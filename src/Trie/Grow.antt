-- ===== src/Trie/Grow.antt =====
-- `insert` (trie/trie.go) at a node where the key goes on, or ends: what it makes of its child.
use mjoy_go.Base.{
  ℕ, suc, ◌<◌, ◌≡◌, refl, Bool, true, false, some, List, [], ◌∷◌, ◌++◌, length, ltb→lt, ◌==◌,
  Bool-cases, inl, inr, ◌∙◌, sym, arith, subst,
}
use mjoy_go.State.Types.{Read}
use mjoy_go.Trie.Node.{
  Flag, Node, nil, value_node, short_node, full_node, hash_node, Children, at, put,
}
use mjoy_go.Trie.Walk.{done, Changed, equal, new_flag}
use mjoy_go.Trie.Change.{differ, rebuilt, changed, insert_full}
use mjoy_go.Trie.Find.{lost, find, after, nonempty, Fits, FitsAll}
use mjoy_go.Trie.Keys.{equal_sound, after-append, strip_self}
use mjoy_go.Trie.Short.{find-nil, find-short, find-full}
use mjoy_go.Trie.Kids.{kid-put, kid_self, at-FitsAll, put-FitsAll}
use mjoy_go.Trie.Ends.{
  Ends, Enough, Behind, Right, rebuilt-Ends, short-Right, full-Right, find-short_node, after-tail,
}
use mjoy_go.Trie.Forks.{longer}
use mjoy_go.Trie.Loaded.{weight_le}
use mjoy_go.Trie.Branch.{find-leaf}

module _ (load : ℕ → Read Node) (gen : ℕ) (v : List ℕ) where
  abbrev pub Inserted : Bool → ℕ → Node → List ℕ → Changed → Type 0
  Inserted e fuel n key r =
      Ends (Right load e key (some v) n) n (λ h. find load key n ≡ lost h) (Enough fuel key n) r

  abbrev pub Next : Type 0
  Next = Node → List ℕ → List ℕ → Node → Changed

  abbrev pub Inserts : ℕ → Next → Type 0
  Inserts fuel next =
      (e : Bool) (n : Node) (prefix key : List ℕ)
      → Fits e n
      → after e key ≡ some true
      → Inserted e fuel n key (next n prefix key (value_node v))

  pub end-Right :
      (e : Bool) (n : Node) → after e [] ≡ some true → Right load e [] (some v) n (value_node v)
  unfolding Fits find
  end-Right false n h = cc
  end-Right true n h = (refl, only)
    where
      only : Behind load true [] (some v) n (value_node v)
      only [] hq = refl
      only (x ∷ q) hq = cc

  -- At the end of the key the value takes the place of what is there.
  pub insert-end :
      (e : Bool) (fuel : ℕ) (n : Node)
      → after e [] ≡ some true
      → Inserted e fuel n [] (done (differ n (value_node v), value_node v))
  insert-end e fuel nil h = end-Right e nil h
  insert-end e fuel (value_node u) h = elim (Bool-cases (equal u v)) [
    | inl s ↦ rw s (
      end-Right e (value_node u) h,
      subst (λ w. Right load e [] (some v) (value_node u) (value_node w)) (sym (equal_sound u v s))
          (end-Right e (value_node u) h),
    )
    | inr s ↦ rw s (end-Right e (value_node u) h)
  ]
  insert-end e fuel (short_node k c f) h = end-Right e (short_node k c f) h
  insert-end e fuel (full_node cs f) h = end-Right e (full_node cs f) h
  insert-end e fuel (hash_node g) h = end-Right e (hash_node g) h

  pub insert-nil :
      (e : Bool) (x : ℕ) (key : List ℕ)
      → after e (x ∷ key) ≡ some true
      → Right load e
          (x ∷ key)
          (some v)
          nil
          (short_node (x ∷ key) (value_node v) (new_flag load gen))
  unfolding Fits
  insert-nil e x key h = (
    (refl, (true, h, refl)),
    λ q hq.
        rw (find-short load x key (value_node v) (new_flag load gen) q, find-nil load q)
          (find-leaf load (x ∷ key) q v),
  )

  -- A call on a child, with a shorter key.
  pub under-Inserted :
      (e e' : Bool) (fuel : ℕ) (c n : Node) (key rest : List ℕ) (f : Node → Node) (r : Changed)
      → Inserted e' fuel c rest r
      → ((c' : Node) → Right load e' rest (some v) c c' → Right load e key (some v) n (f c'))
      → (Right load e' rest (some v) c c → Right load e key (some v) n n)
      → find load key n ≡ find load rest c
      → length rest < length key
      → Inserted e (suc fuel) n key (rebuilt load gen n (λ c'. changed load gen (f c')) r)
  under-Inserted e e' fuel c n key rest f r ends change keep same less =
      rebuilt-Ends load gen (Right load e' rest (some v) c) (Right load e key (some v) n)
        (λ h. find load rest c ≡ lost h) (λ h. find load key n ≡ lost h) (Enough fuel rest c)
        (Enough (suc fuel) key n) c n n (λ c'. changed load gen (f c')) r ends change
        (λ right. (keep right, keep right)) (λ h lack. same ∙ lack)
        (λ out. let few = weight_le c in omega arith)

  pub insert-whole :
      (e e' : Bool) (fuel : ℕ) (next : Next) (k : List ℕ) (c : Node) (f : Flag)
      (prefix rest : List ℕ)
      → Inserts fuel next
      → nonempty k ≡ true
      → after e k ≡ some e'
      → Fits e' c
      → after e (k ++ rest) ≡ some true
      → Inserted e (suc fuel) (short_node k c f) (k ++ rest) (
          rebuilt load gen
            (short_node k c f)
            (λ c'. changed load gen (short_node k c' (new_flag load gen)))
            (next c prefix rest (value_node v)))
  insert-whole e e' fuel next k c f prefix rest all some_k hk fits h =
      under-Inserted e e' fuel c (short_node k c f) (k ++ rest) rest
        (λ c'. short_node k c' (new_flag load gen)) (next c prefix rest (value_node v))
        (all e' c prefix rest fits (rw (after-append e k rest, hk) at h))
        (λ c' right.
          short-Right load e e' k rest (some v) c c' f (new_flag load gen) some_k hk right)
        (λ right. short-Right load e e' k rest (some v) c c f f some_k hk right)
        (rw (find-short_node load k c f (k ++ rest) some_k, strip_self k rest) refl)
        (longer k rest some_k)

  pub insert-full_node :
      (fuel : ℕ) (next : Next) (cs : Children) (f : Flag) (prefix : List ℕ) (x : ℕ) (rest : List ℕ)
      → Inserts fuel next
      → FitsAll 0 cs
      → after false (x ∷ rest) ≡ some true
      → Inserted false
          (suc fuel)
          (full_node cs f)
          (x ∷ rest)
          (insert_full load gen next cs f prefix x rest (value_node v) (at x cs))
  insert-full_node fuel next cs f prefix x rest all fits h =
      let (small, h') = after-tail x rest true h in
      let (c, at_x, fits_c) = at-FitsAll 0 x x cs fits (omega arith) (ltb→lt x 17 small) in
      rw at_x (
        under-Inserted false (x == 16) fuel c (full_node cs f) (x ∷ rest) rest
          (λ c'. full_node (put x c' cs) (new_flag load gen))
          (next c (prefix ++ x ∷ []) rest (value_node v))
          (all (x == 16) c (prefix ++ x ∷ []) rest fits_c h')
          (λ c' right.
            full-Right load x rest (some v) c c' cs (put x c' cs) f (new_flag load gen)
              (put-FitsAll 0 x x c' cs fits (omega arith) right.0) at_x
              (λ y. kid-put x y c' c cs at_x) right.1)
          (λ right.
            full-Right load x rest (some v) c c cs cs f f fits at_x (λ y. kid_self x y c cs at_x)
              right.1)
          (rw (find-full load x rest cs f, at_x) refl) (omega arith))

Required action ▸ Could you return exactly the lines above from the line with "(e e' : Bool) (fuel : ℕ) (next" to the line with "(put-FitsAll 0 x", both included, and nothing else?

Task answer ▸
      (e e' : Bool) (fuel : ℕ) (next : Next) (k : List ℕ) (c : Node) (f : Flag)
      (prefix rest : List ℕ)
      → Inserts fuel next
      → nonempty k ≡ true
      → after e k ≡ some e'
      → Fits e' c
      → after e (k ++ rest) ≡ some true
      → Inserted e (suc fuel) (short_node k c f) (k ++ rest) (
          rebuilt load gen
            (short_node k c f)
            (λ c'. changed load gen (short_node k c' (new_flag load gen)))
            (next c prefix rest (value_node v)))
  insert-whole e e' fuel next k c f prefix rest all some_k hk fits h =
      under-Inserted e e' fuel c (short_node k c f) (k ++ rest) rest
        (λ c'. short_node k c' (new_flag load gen)) (next c prefix rest (value_node v))
        (all e' c prefix rest fits (rw (after-append e k rest, hk) at h))
        (λ c' right.
          short-Right load e e' k rest (some v) c c' f (new_flag load gen) some_k hk right)
        (λ right. short-Right load e e' k rest (some v) c c f f some_k hk right)
        (rw (find-short_node load k c f (k ++ rest) some_k, strip_self k rest) refl)
        (longer k rest some_k)

  pub insert-full_node :
      (fuel : ℕ) (next : Next) (cs : Children) (f : Flag) (prefix : List ℕ) (x : ℕ) (rest : List ℕ)
      → Inserts fuel next
      → FitsAll 0 cs
      → after false (x ∷ rest) ≡ some true
      → Inserted false
          (suc fuel)
          (full_node cs f)
          (x ∷ rest)
          (insert_full load gen next cs f prefix x rest (value_node v) (at x cs))
  insert-full_node fuel next cs f prefix x rest all fits h =
      let (small, h') = after-tail x rest true h in
      let (c, at_x, fits_c) = at-FitsAll 0 x x cs fits (omega arith) (ltb→lt x 17 small) in
      rw at_x (
        under-Inserted false (x == 16) fuel c (full_node cs f) (x ∷ rest) rest
          (λ c'. full_node (put x c' cs) (new_flag load gen))
          (next c (prefix ++ x ∷ []) rest (value_node v))
          (all (x == 16) c (prefix ++ x ∷ []) rest fits_c h')
          (λ c' right.
            full-Right load x rest (some v) c c' cs (put x c' cs) f (new_flag load gen)
              (put-FitsAll 0 x x c' cs fits (omega arith) right.0) at_x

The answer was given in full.